In each test case, N will be given in the first line. Then N numbers are given, representing X1, X2, … , XN, ( Xi ≤ 1,000,000,000 3 ≤ N ≤ 1,00,000 )

Output

For each test case, output the median in a separate line.

Sample Input

Sample Output

1
2

1
8

一共有n*(n-1)/2种不同的配对，一一枚举的时间复杂度为O(n^2)，显然无法在1s内给出答案。在此使用二分法，先将数组排序，然后我们可以确定最大的距离为Xn-X1，那么我们只需要在0~|Xn-X1|，这些数之间寻找中位数即可。

一共需要两次二分。第一次二分，是用来寻找（猜测）可能的中位数的大小，当我们选择了一个mid值，我们需要计算有多少组配对的距离是小于这个mid值，如果不到k/2，则需要增加mid值，反之亦然；第二次二分用于对特定的元素计算小于mid的距离点对有多少个。

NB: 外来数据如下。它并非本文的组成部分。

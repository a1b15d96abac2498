-- ===== src/Dialog/Attachments.antt =====
-- frontend/src/components/EntryAttachments.tsx: the files of the entry that is shown. `generation` counts
-- the runs of the effect that replaces the `AbortController`, so a call of `add` is aborted once the number
-- is another one than at its start.
pub mod Stale
use kypassword_server.Base.{
  ℕ, suc, ◌+◌, ◌==◌, ltb, within, Text, codes, is_empty, or_else, map, any, Bool, true, false, not,
  ◌&&◌, ◌||◌, Option, none, some, List, [], ◌∷◌, ◌++◌, if◌then◌else◌, Result, ok, throw,
}
use kypassword_server.Api.{Thrown, http_error, other_error, no_error, http_message}
use kypassword_server.Vault.{Kdbxweb, Binary}
use kypassword_server.Vault.Listing.{Database, Library}
use kypassword_server.Vault.Attachments.{
  max_attachment_bytes, add_attachment, remove_attachment, clear_attachment_history, get_attachment,
}

pub record EntryAttachments : Type 0 where
  pub vault : Database
  pub generation : ℕ
  pub busy : Bool
  pub error : Text
  pub remove_from_history : Bool
  -- the number of calls of `onChanged`
  pub changes : ℕ

-- `error instanceof Error ? error.message : fallback`.
abbrev message_or : Thrown → Text → Text
message_or (http_error status m) fallback = http_message status m
message_or (other_error m) fallback = m
message_or no_error fallback = fallback

-- The effect, when the vault, the entry or `readOnly` is another one.
unfoldable pub context_changed : EntryAttachments → EntryAttachments
context_changed s = record s { generation = suc s.generation; busy = false; error = [] }

-- `add` up to the reading of the file, with whether it goes on.
unfoldable pub begin_add : Bool → ℕ → EntryAttachments → EntryAttachments × Bool
begin_add read_only size s =
    if s.busy || read_only
    then (s, false)
    else if ltb max_attachment_bytes size
    then (record s { error = codes "Attachments must be 10 MiB or smaller." }, false)
    else (record s { error = []; busy = true }, true)

-- A character of `/[\\/\u0000-\u001f\u007f]/`.
abbrev pub is_forbidden : ℕ → Bool
is_forbidden c = c == 92 || c == 47 || within 0 31 c || c == 127

abbrev pub safe_char : ℕ → ℕ
safe_char c = if is_forbidden c then 95 else c

unfoldable pub download_name : Text → Text
download_name name = or_else (map safe_char name) (codes "attachment")

-- `download`: what is saved under which name.
unfoldable pub download : Text → Text → EntryAttachments → EntryAttachments × Option (Text × Binary)
unfolding get_attachment download_name
download entry_uuid name s = elim (get_attachment entry_uuid name s.vault) [
  | ok b ↦ (s, some (download_name name, b))
  | throw e ↦
      (record s { error = message_or e (codes "Unable to download this attachment.") }, none)
]

abbrev changed_if : Bool → EntryAttachments → EntryAttachments
changed_if did s = if did then record s { changes = s.changes + 1 } else s

module _ (k : Kdbxweb) (lib : Library) (abort_error : Thrown) where
  abbrev pub abort_of : Bool → Option Thrown
  abort_of aborted = if aborted then some abort_error else none

  -- The end of `add` with the vault `own`, on which it was called. It is the one that is shown unless
  -- the call was aborted.
  unfoldable pub add_ended :
      Bool → Database → Result Thrown Database → EntryAttachments → Database × EntryAttachments
  add_ended aborted own (ok db) s =
      if aborted
      then (db, record s { changes = s.changes + 1 })
      else (db, record s { vault = db; changes = s.changes + 1; busy = false })
  add_ended aborted own (throw e) s = if aborted then (own, s) else (
    own,
    record s { error = message_or e (codes "Unable to add this attachment."); busy = false },
  )

  -- `add` of a call that began in the generation `started` on the vault `own`, from the reading of the
  -- file, in the generation `read_in`, to the end of the hashing, in that of the state: the signal is
  -- tested at both, and either may have aborted it.
  unfoldable pub end_add :
      ℕ → ℕ → Text → Text → ℕ → Text → Database → EntryAttachments → Database × EntryAttachments
  unfolding add_ended add_attachment
  end_add started read_in entry_uuid name size hash own s =
      let at_read = abort_of (not (started == read_in)) in
      let aborted = not (started == s.generation) in
      add_ended aborted own
        (add_attachment k lib entry_uuid name size hash at_read (abort_of aborted) own) s

  unfoldable pub remove : Bool → Bool → Text → Text → EntryAttachments → EntryAttachments
  unfolding remove_attachment
  remove read_only confirmed entry_uuid name s =
      if read_only || s.busy || not confirmed
      then s
      else elim (remove_attachment k lib entry_uuid name s.remove_from_history s.vault) [
        | ok r ↦ changed_if r.1 (record s { vault = r.0; error = [] })
        | throw e ↦ record s { error = message_or e (codes "Unable to remove this attachment.") }
      ]

  unfoldable pub clear_history : Bool → Bool → Text → EntryAttachments → EntryAttachments
  unfolding clear_attachment_history
  clear_history read_only confirmed entry_uuid s =
      if read_only || s.busy || not confirmed
      then s
      else elim (clear_attachment_history k lib entry_uuid s.vault) [
        | ok r ↦ changed_if r.1 (record s { vault = r.0; error = [] })
        | throw e ↦ record s { error = message_or e (codes "Unable to clear attachment history.") }
      ]
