-- ===== src/Dialog/Attachments/Stale.antt =====
-- Attachments that frontend/src/components/EntryAttachments.tsx adds late, and the names that it saves files
-- under.
use kypassword_server.Base.{
  ℕ, ◌==◌, not, Text, true, false, some, [], ◌∷◌, ◌≡◌, ◌≢◌, refl, arith, All, map, ok, throw,
  Result, ◌>>=◌, codes,
}
use kypassword_server.Api.{Thrown}
use kypassword_server.Vault.{Kdbxweb}
use kypassword_server.Vault.Listing.{Library, Database}
use kypassword_server.Vault.Attachments.{
  add_attachment, check_file, throw_if_aborted, live_entry, attach_to,
}
use kypassword_server.Dialog.Attachments.{
  EntryAttachments, end_add, abort_of, download_name, is_forbidden, safe_char, add_ended,
}

aborted-same :
    (k : Kdbxweb) (lib : Library) (a : Thrown) (own : Database) (r q : Result Thrown (Unit {0}))
    (rest : Unit {0} → Result Thrown Database) (s : EntryAttachments)
    → add_ended k lib a true own (r >>= (λ _. q >>= (λ _. throw_if_aborted (some a) >>= rest))) s
      ≡ (own, s)
unfolding add_ended
aborted-same k lib a own (ok _) (ok _) rest s = refl
aborted-same k lib a own (ok _) (throw e) rest s = refl
aborted-same k lib a own (throw e) q rest s = refl

-- An attachment whose entry or vault was left before it was hashed changes nothing, whether it was left
-- before or after the file was read: neither the vault that it was for nor what the dialog shows now.
pub end_add-stale :
    (k : Kdbxweb) (lib : Library) (abort_error : Thrown) (started read_in : ℕ)
    (uuid name hash : Text) (size : ℕ) (own : Database) (s : EntryAttachments)
    → (started == s.generation) ≡ false
    → end_add k lib abort_error started read_in uuid name size hash own s ≡ (own, s)
unfolding end_add add_attachment
end_add-stale k lib abort_error started read_in uuid name hash size own s h = rw (h) (
    aborted-same k lib abort_error own (check_file name size)
      (throw_if_aborted (abort_of k lib abort_error (not (started == read_in))))
      (λ _. live_entry k lib uuid own >>= (λ e. attach_to k lib uuid name hash size own e)) s)

safe_char-allowed : (c : ℕ) → is_forbidden (safe_char c) ≡ false
safe_char-allowed c = ground arith

safe_chars-All : (t : Text) → All (λ c. is_forbidden c ≡ false) (map safe_char t)
safe_chars-All [] = tt
safe_chars-All (c ∷ t) = (safe_char-allowed c, safe_chars-All t)

-- Whatever an attachment is called, the name that its download is saved under is not empty and holds
-- neither a slash or a backslash nor a control character.
pub download_name-Allowed :
    (name : Text)
    → (download_name name ≢ []) × All (λ c. is_forbidden c ≡ false) (download_name name)
unfolding download_name
download_name-Allowed [] = ((λ h. absurd (ground (arith, h))), safe_chars-All (codes "attachment"))
download_name-Allowed (c ∷ t) = ((λ h. absurd (ground (arith, h))), safe_chars-All (c ∷ t))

需要注意的是，在发现小于mid的点对刚好是一半的时候，并不能说明mid就是中位数，我们一定要找到满足这一性质最小的mid，才是最终的答案。

import java.util.*;

public class Main {

	public static int[] nums;
	public static long Mid;

	public static void main(String[] args) {
		Scanner in = new Scanner(System.in);
		int n;
		while (in.hasNext()) {
			n = in.nextInt();
			Mid = ((long) n * (n - 1)) >> 1;
			Mid = (Mid + 1) >> 1; //中位数的位置
			nums = new int[n];
			for (int i = 0; i < n; ++i) {
				nums[i] = in.nextInt();
			}
			Arrays.sort(nums);
			int left = -1;
			int right = nums[n - 1] - nums[0] + 1;
			while (right - left > 1) {//二分搜索
				int mid = (left + right) >> 1;
				if (test(mid,n)) {
					right = mid;
				} else
					left = mid;
			}
			System.out.println(right);
		}
	}

	public static boolean test(int mid, int n) {
		int j = 0;
		int count = 0;
		for (int i = 1; i < n; i++) {
			while (nums[i] - nums[j] > mid)
				j++;
			count += (i - j);
		}
		return count >= Mid;
	}
}